-- ===== src/Tfs/Migrating.antt =====
-- fs/tablefs.cpp: Write and Read where the data of a file moves to the disk.
use Prim.Native.Nat.{bit_and}
use tablefs.Base.{ℕ, ◌+◌, ◌<◌, ◌≡◌, refl, sym, ap, ◌∙◌, true, none, some, List, [], arith, length}
use mathlib.Core.Path.{subst}
use tablefs.Base.Int.{pos}
use tablefs.Value.{InodeHeader, update_ihandle_value, update_inode_header}
use tablefs.Value.Data.{slice}
use tablefs.Value.Bytes.{length-update_ihandle_value}
use tablefs.Platform.{Platform, gives}
use tablefs.Platform.Files.{FileLaws, trunc_or_append}
use tablefs.Icache.{InodeCacheHandle, Mode, handle_at, set_handle}
use tablefs.Icache.Heap.{handle_at-set_handle}
use tablefs.Tfs.{TableFs, FileSystemState, data_dir, data_file}
use tablefs.Tfs.Content.{
  FileHandle, set_blob_size, write_migrating, write_file, read_file, ensure_open, write_disk,
}
use tablefs.Tfs.Disk.{set_disk, open_disk_file, migrate_to_disk_file}
use tablefs.Tfs.Blob.{IsBlob, Migrates, migrated_content, move_inline_data-IsMoved}
use tablefs.Tfs.Inline.{IsInline, set_value_lem}

module _ {P : Platform} (laws : FileLaws P) where
  open laws use {file_content, is_open}
  open P use {Disk, disk_create, disk_pwrite, disk_pread}

  pub write_file-IsBlob :
      {name content : List ℕ} (at flags fd : ℕ) (buf : List ℕ) (fh : FileHandle) (s : TableFs P)
      (h : InodeCacheHandle P) (k : Disk)
      → handle_at P fh.handle_ s.inode_cache ≡ some h
      → fh.fd_ ≡ none
      → IsInline s.state_.threshold_ h.value_ name content
      → s.state_.threshold_ < at + length buf
      → 0 < length buf
      → bit_and flags trunc_or_append ≡ 0
      → file_content
          (data_dir h.value_.header.fstat.st_ino)
          (data_file h.value_.header.fstat.st_ino)
          s.state_.disk
        ≡ []
      → Migrates laws flags at buf content h.value_ s.state_.disk fd k
      → (t : TableFs P) × (h' : InodeCacheHandle P) × (write_file P buf at flags fh s
          ≡ some (pos (length buf), record fh { fd_ = some fd }, t))
        × (handle_at P fh.handle_ t.inode_cache ≡ some h')
        × (h'.mode_ ≡ Mode.inode_write)
        × (t.state_ ≡ record (s.state_) { disk = k })
        × (h'.value_.header.fstat.st_ino ≡ h.value_.header.fstat.st_ino)
        × IsBlob laws s.state_.threshold_ k h'.value_ name (update_ihandle_value at buf content)
  unfolding write_file write_migrating migrate_to_disk_file open_disk_file write_disk
      update_inode_header
  write_file-IsBlob {name} {content} at flags fd buf fh s h k here closed i past some_bytes plain
        fresh m =
      let end = at + length buf in
      let p = fh.handle_ in
      let h1 = record h { mode_ = Mode.inode_write } in
      let s1 = record s { inode_cache = set_handle P p h1 s.inode_cache } in
      let s2 = set_disk P m.opened_disk s1 in
      let here2 : handle_at P p s2.inode_cache ≡ some h1 =
        ground (arith, handle_at-set_handle p p h1 s.inode_cache) in
      let (s3, moved, mv) = move_inline_data-IsMoved laws p fd s2 h1 m.moved_disk here2 i m.moves in
      let (s4, stored, same4, here4, set4) =
        set_value_lem p (set_blob_size end) s3 mv.handle mv.here in
      let (opened, holds) =
        migrated_content laws flags at buf content h.value_ s.state_.disk fd k plain some_bytes
          fresh m in
      let h4 = record (mv.handle) { value_ = set_blob_size end mv.handle.value_ } in
      let long = length-update_ihandle_value at buf content in
      let disk4 : s4.state_.disk ≡ m.moved_disk =
        ap (λ (o : FileSystemState P). o.disk) (same4 ∙ mv.state_is) in
      let out4 : disk_pwrite fd buf at s4.state_.disk ≡ (gives (length buf), k) =
        ap (disk_pwrite fd buf at) disk4 ∙ m.writes in
      let creates : disk_create (data_dir h1.value_.header.fstat.st_ino)
            (data_file h1.value_.header.fstat.st_ino) flags h1.value_.header.fstat.st_mode
            s1.state_.disk
          ≡ (gives fd, m.opened_disk) =
        m.creates in
      let number = ap (λ (o : InodeHeader). o.fstat.st_ino) mv.same_header in
      (
        set_disk P k s4,
        h4,
        ground (arith, here, closed, i.no_blob, here2, creates, moved, stored, out4),
        here4,
        mv.same_mode,
        ap (λ (o : FileSystemState P). record o { disk = k }) (same4 ∙ mv.state_is),
        number,
        record {
          laid = record { bytes = mv.laid.bytes; named = mv.laid.named };
          blob = refl;
          sized = omega (arith, long, i.small, past);
          large = omega (arith, long, past);
          on_disk = ap (λ (n : ℕ). file_content (data_dir n) (data_file n) k) number ∙ holds;
        },
      )

  -- Read on a descriptor of a file on the disk.
  pub read_file-IsBlob :
      {threshold : ℕ} {name content : List ℕ} (size offset fd : ℕ) (bytes : List ℕ)
      (fh : FileHandle) (s : TableFs P) (h : InodeCacheHandle P)
      → handle_at P fh.handle_ s.inode_cache ≡ some h
      → fh.fd_ ≡ some fd
      → IsBlob laws threshold s.state_.disk h.value_ name content
      → is_open fd
          (data_dir h.value_.header.fstat.st_ino)
          (data_file h.value_.header.fstat.st_ino)
          s.state_.disk
        ≡ true
      → disk_pread fd size offset s.state_.disk ≡ gives bytes
      → read_file P size offset fh s
        ≡ some (pos (length (slice offset size content)), slice offset size content, fh, s)
  unfolding read_file ensure_open
  read_file-IsBlob {content} size offset fd bytes fh s h here opened b on reads =
      let d = data_dir h.value_.header.fstat.st_ino in
      let f = data_file h.value_.header.fstat.st_ino in
      let same : bytes ≡ slice offset size content =
        laws.pread_reads fd d f size offset bytes s.state_.disk on reads
        ∙ ap (slice offset size) b.on_disk in
      ground (arith, here, opened, b.blob, reads, same)

  -- A write to a file in the table that takes it past the threshold, with a buffer that is not
  -- empty and flags without O_TRUNC and O_APPEND, through a descriptor that has no file open on the
  -- disk yet, where no other data is in the file of its number and the calls of the C library
  -- succeed: Write returns the length of the buffer. The data with the buffer in its place is then on the
  -- disk, the value keeps the name and the new size and no data, and the handle is in mode WRITE. A
  -- read that does not fail gives the bytes of the new data from its offset on.
  pub read_file-write_file_past :
      {name content : List ℕ} (at flags size offset fd : ℕ) (buf bytes : List ℕ) (fh : FileHandle)
      (s : TableFs P) (h : InodeCacheHandle P) (k : Disk)
      → handle_at P fh.handle_ s.inode_cache ≡ some h
      → fh.fd_ ≡ none
      → IsInline s.state_.threshold_ h.value_ name content
      → s.state_.threshold_ < at + length buf
      → 0 < length buf
      → bit_and flags trunc_or_append ≡ 0
      → file_content
          (data_dir h.value_.header.fstat.st_ino)
          (data_file h.value_.header.fstat.st_ino)
          s.state_.disk
        ≡ []
      → Migrates laws flags at buf content h.value_ s.state_.disk fd k
      → disk_pread fd size offset k ≡ gives bytes
      → (t : TableFs P) × (h' : InodeCacheHandle P) × (write_file P buf at flags fh s
          ≡ some (pos (length buf), record fh { fd_ = some fd }, t))
        × (handle_at P fh.handle_ t.inode_cache ≡ some h')
        × (h'.mode_ ≡ Mode.inode_write)
        × IsBlob laws t.state_.threshold_ t.state_.disk h'.value_ name
            (update_ihandle_value at buf content)
        × (read_file P size offset (record fh { fd_ = some fd }) t
            ≡ some (
              pos (length (slice offset size (update_ihandle_value at buf content))),
              slice offset size (update_ihandle_value at buf content),
              record fh { fd_ = some fd },
              t,
            ))
  read_file-write_file_past {name} {content} at flags size offset fd buf bytes fh s h k here closed
        i past some_bytes plain fresh m reads =
      let (t, h', wrote, here', mode, state_is, number, b) =
        write_file-IsBlob at flags fd buf fh s h k here closed i past some_bytes plain fresh m in
      let (opened, holds) =
        migrated_content laws flags at buf content h.value_ s.state_.disk fd k plain some_bytes
          fresh m in
      let at_disk : k ≡ t.state_.disk = sym (ap (λ (o : FileSystemState P). o.disk) state_is) in
      let limit : s.state_.threshold_ ≡ t.state_.threshold_ =
        sym (ap (λ (o : FileSystemState P). o.threshold_) state_is) in
      let blob : IsBlob laws t.state_.threshold_ t.state_.disk h'.value_ name
          (update_ihandle_value at buf content) =
        subst
          (λ (o : Disk).
            IsBlob laws t.state_.threshold_ o h'.value_ name (update_ihandle_value at buf content))
          at_disk
          (subst (λ n. IsBlob laws n k h'.value_ name (update_ihandle_value at buf content)) limit
            b) in
      (
        t,
        h',
        wrote,
        here',
        mode,
        blob,
        read_file-IsBlob size offset fd bytes (record fh { fd_ = some fd }) t h' here' refl blob
            (subst
              (λ (o : Disk).
                is_open fd (data_dir h'.value_.header.fstat.st_ino)
                  (data_file h'.value_.header.fstat.st_ino) o
                ≡ true)
              at_disk
              (subst (λ n. is_open fd (data_dir n) (data_file n) k ≡ true) (sym number) opened))
            (subst (λ (o : Disk). disk_pread fd size offset o ≡ gives bytes) at_disk reads),
      )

▶ **PROBLEM TO WORK ON**: Copy out each line from the listing that contains the string "subst".

▶ **EXERCISE SOLUTION**:
use mathlib.Core.Path.{subst}
        subst
          (subst (λ n. IsBlob laws n k h'.value_ name (update_ihandle_value at buf content)) limit
            (subst
              (subst (λ n. is_open fd (data_dir n) (data_file n) k ≡ true) (sym number) opened))
            (subst (λ (o : Disk). disk_pread fd size offset o ≡ gives bytes) at_disk reads),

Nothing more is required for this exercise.